(Extracted data entries)
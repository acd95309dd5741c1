-- ===== src/Lib.antt =====
-- Nachos is an instructional operating system: a kernel in C++ that runs on a simulated MIPS
-- machine, with threads, a file system, paging for user programs and a network. This library
-- models parts of the kernel as functions and states what they do. Paths are relative to
-- NachOSx64/code.
--
-- BitMap: userprog/bitmap.h and bitmap.cc. A map keeps 32-bit words as natural numbers below
--     2^32; Mark, Clear, Test, Find and NumClear are mark, clear, test, find and num_clear,
--     the constructor is create. Bits has the word operations.
-- FileHeader: filesys/filehdr.h and filehdr.cc. Allocate, Deallocate, ByteToSector and
--     FileLength over the fixed table dataSectors. It uses BitMap.
-- Directory: filesys/directory.h and directory.cc. FindIndex, Find, Add, Remove, List and the
--     constructor; Directory.Find is about what Find answers; CString has strncmp and strncpy
--     as far as the directory calls them.
-- FileSystem: filesys/filesys.h and filesys.cc. The constructor with format set, Create, Open
--     and Remove, which call the three modules above. Accounting counts the uses of each
--     sector, Layout says when a disk is consistent.
-- OpenFilesTable: userprog/openfilestable.h and openfilestable.cc, the handles of a user
--     program's open files, over a BitMap.
-- MipsSim: machine/mipssim.h and mipssim.cc. OpCodes has the operations and the two tables,
--     Decoding is Instruction::Decode, mult is Mult with its loop mult_loop. Words has the
--     32-bit words that an int and an unsigned int are.
-- Translate: machine/translate.h and translate.cc, with the constants of machine/machine.h.
--     translate is Machine::Translate, cut where the source branches: locate finds the entry,
--     use_entry uses it.
-- Execution: Machine::OneInstruction and Machine::DelayedLoad of machine/mipssim.cc. execute
--     is the switch, with one definition for each group of cases that share their code;
--     MipsSim.Operators has the values that they compute, MipsSim.Meaning is about what these
--     are for; advance is the end of the function. The record Kernel is the interface to
--     ReadMem, WriteMem and RaiseException. Where the host's division stops the program (the
--     least int by -1) the outcome is abort.
-- SortedList: threads/list.h. A list is the chain of its elements, so the pointers first, last
--     and next are not told apart from it; keys are natural numbers.
-- Threads: threads/thread.cc, scheduler.cc and synch.cc. A System has the statuses, the ready
--     list, the lock with its semaphore and the condition's queue. Operations run up to the
--     switch to another thread; stage says where a thread goes on. Reachable.Step is one
--     operation of the thread that runs, so that every sequence of steps is an interleaving.
--     Places says where each thread may be; Switching, Scheduling, Waiting, Releasing and
--     Monitor keep to it, one group of operations each.
-- Interrupts: machine/interrupt.cc and timer.cc. What a handler does is a parameter, the
--     record Devices. The loops of OneTick and Idle take fuel; Handlers is about several
--     handlers one behind the other, Firing about one round of the loops and Loop about all of
--     them. Ticking shows that one round more than there are pending interrupts is enough,
--     where handlers schedule for later times.
-- Paging: userprog/invertedpagetables.h and memoryswap.h. Victims is the second chance loop,
--     which takes fuel; more rounds than the queue is long are enough. Uses is the search for
--     the least used frame, SwapArea the swap area.
-- VirtualMemory: the functions of userprog/addrspace.cc that a kernel with VM has, and
--     NachOS_PageFaultException of userprog/exception.cc. A Vm is the state that they share
--     with Paging. Contents is about what is loaded into a frame; Full, Frames and Faults are
--     its faults with all frames taken, with frames outside the memory, and the plain one.
-- AddrSpace: the constructors and the destructor of userprog/addrspace.cc in a kernel without
--     VM, over a BitMap of frames.
-- Disk: machine/disk.h and disk.cc. request is ReadRequest and WriteRequest, with the time
--     that they take; Latency is about that time.
-- Console: machine/console.h and console.cc, with the calls of machine/sysdep.cc that it uses,
--     over the host's open, close, select, read and write. Session is about what is typed and
--     shown while the device is polled and used: Steps has each operation, Order any sequence
--     of them.
-- OpenFile: filesys/openfile.h, openfile.cc and synchdisk.cc, with FetchFrom and WriteBack of
--     filesys/filehdr.cc. A Disk is the list of its sectors. Buffers is about copies of bytes,
--     Reading and Writing about the two loops over sectors, Ends about the partial sectors
--     that WriteAt reads first, Updates about WriteAt as a whole, NewFile and Headers about
--     files that Allocate made and headers on the disk.
-- Storage: FetchFrom and WriteBack of filesys/directory.cc and userprog/bitmap.cc, through an
--     OpenFile. Entries is about the bytes of directory entries, Tables about both files.
-- Coff: bin/coff2noff.c, which makes the Executable that VirtualMemory loads from. Segments
--     says what a segment holds, Layout is about the bytes of the segments, Conversion about
--     the loop and the tool, Contiguous about two sections without data.
-- SystemCalls: userprog/exception.cc. A System is the machine, the table of open files, the
--     host and what is asked of the scheduler. Files, Sockets and Dispatch have the handlers
--     and ExceptionHandler; call is the inner switch. The loop of Create takes fuel, since
--     nothing bounds the length of a name; that of Open has more than the characters of its
--     array.
-- Post: network/post.h and post.cc with the device of machine/network.h and network.cc. A
--     Network is the device of one machine, a PostOffice its boxes. Wire is about headers as
--     bytes, Delivery about mail between two machines.
-- Memory: ReadMem and WriteMem of machine/translate.cc and RaiseException of
--     machine/machine.cc, the Kernel of Execution over the machine of Translate. Values is
--     about their two switches, Accesses about a write and a read, and Laws shows that they
--     keep what Execution relies on.
-- UserState: the registers of a user program over a context switch (threads/thread.cc), at its
--     start (userprog/addrspace.cc) and at the return from a system call
--     (userprog/exception.cc).
-- Prelude: truth values, lists, integers and outcomes that the parts share. Examples: runs on
--     concrete input.
--
-- An operation returns an Outcome: ok with its result, abort when an ASSERT fails (the kernel
-- stops), overrun when the code reads or writes outside an array. Memory that new or new[] returns
-- is not cleared, so it is an argument of the constructor. Loops are recursive functions on the
-- number of rounds that the for statement makes, so no bound is added to them; a loop without such
-- a bound takes fuel, and overrun stands for running out of it.
--
-- The disk of FileSystem holds, for freeMapFile, for directoryFile and for each header sector, the
-- value that was written last; Storage has the same for Directory and BitMap, over one file. Sizes
-- of files are natural numbers, so a negative initialSize is outside the model, and so is the
-- overflow of a 32-bit int: no number here comes near 2^31. Calls do not overlap, as the source
-- assumes.
--
-- Not modelled: host stacks and the switch between them, and the writes of whole tables and
-- headers within FileSystem, which keeps them as values. Its sockets are the host's: what they
-- carry is a list of bytes. In a kernel built with VM, Translate also tells the inverted page
-- table which frame is used; the model is of a kernel without VM. Output (Print, List to the
-- terminal), the rest of the host interface (machine/sysdep.cc) and the other C programs under bin
-- and test stay out.
pub mod Prelude
pub mod Bits
pub mod Words
pub mod BitMap
pub mod FileHeader
pub mod OpenFilesTable
pub mod CString
pub mod Directory
pub mod FileSystem
pub mod MipsSim
pub mod Translate
pub mod Execution
pub mod SortedList
pub mod Examples
pub mod Threads
pub mod Interrupts
pub mod Paging
pub mod VirtualMemory
pub mod AddrSpace
pub mod Post
pub mod Memory
pub mod UserState
pub mod OpenFile
pub mod Disk
pub mod SystemCalls
pub mod Storage
pub mod Console
pub mod Coff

◆ Try it: Output each line exactly, from the first line of the data down to the line that contains "Words has the", both included.

◆ Task output:
repository acd95309dd5741c1
-- ===== src/Lib.antt =====
-- Nachos is an instructional operating system: a kernel in C++ that runs on a simulated MIPS
-- machine, with threads, a file system, paging for user programs and a network. This library
-- models parts of the kernel as functions and states what they do. Paths are relative to
-- NachOSx64/code.
--
-- BitMap: userprog/bitmap.h and bitmap.cc. A map keeps 32-bit words as natural numbers below
--     2^32; Mark, Clear, Test, Find and NumClear are mark, clear, test, find and num_clear,
--     the constructor is create. Bits has the word operations.
-- FileHeader: filesys/filehdr.h and filehdr.cc. Allocate, Deallocate, ByteToSector and
--     FileLength over the fixed table dataSectors. It uses BitMap.
-- Directory: filesys/directory.h and directory.cc. FindIndex, Find, Add, Remove, List and the
--     constructor; Directory.Find is about what Find answers; CString has strncmp and strncpy
--     as far as the directory calls them.
-- FileSystem: filesys/filesys.h and filesys.cc. The constructor with format set, Create, Open
--     and Remove, which call the three modules above. Accounting counts the uses of each
--     sector, Layout says when a disk is consistent.
-- OpenFilesTable: userprog/openfilestable.h and openfilestable.cc, the handles of a user
--     program's open files, over a BitMap.
-- MipsSim: machine/mipssim.h and mipssim.cc. OpCodes has the operations and the two tables,
--     Decoding is Instruction::Decode, mult is Mult with its loop mult_loop. Words has the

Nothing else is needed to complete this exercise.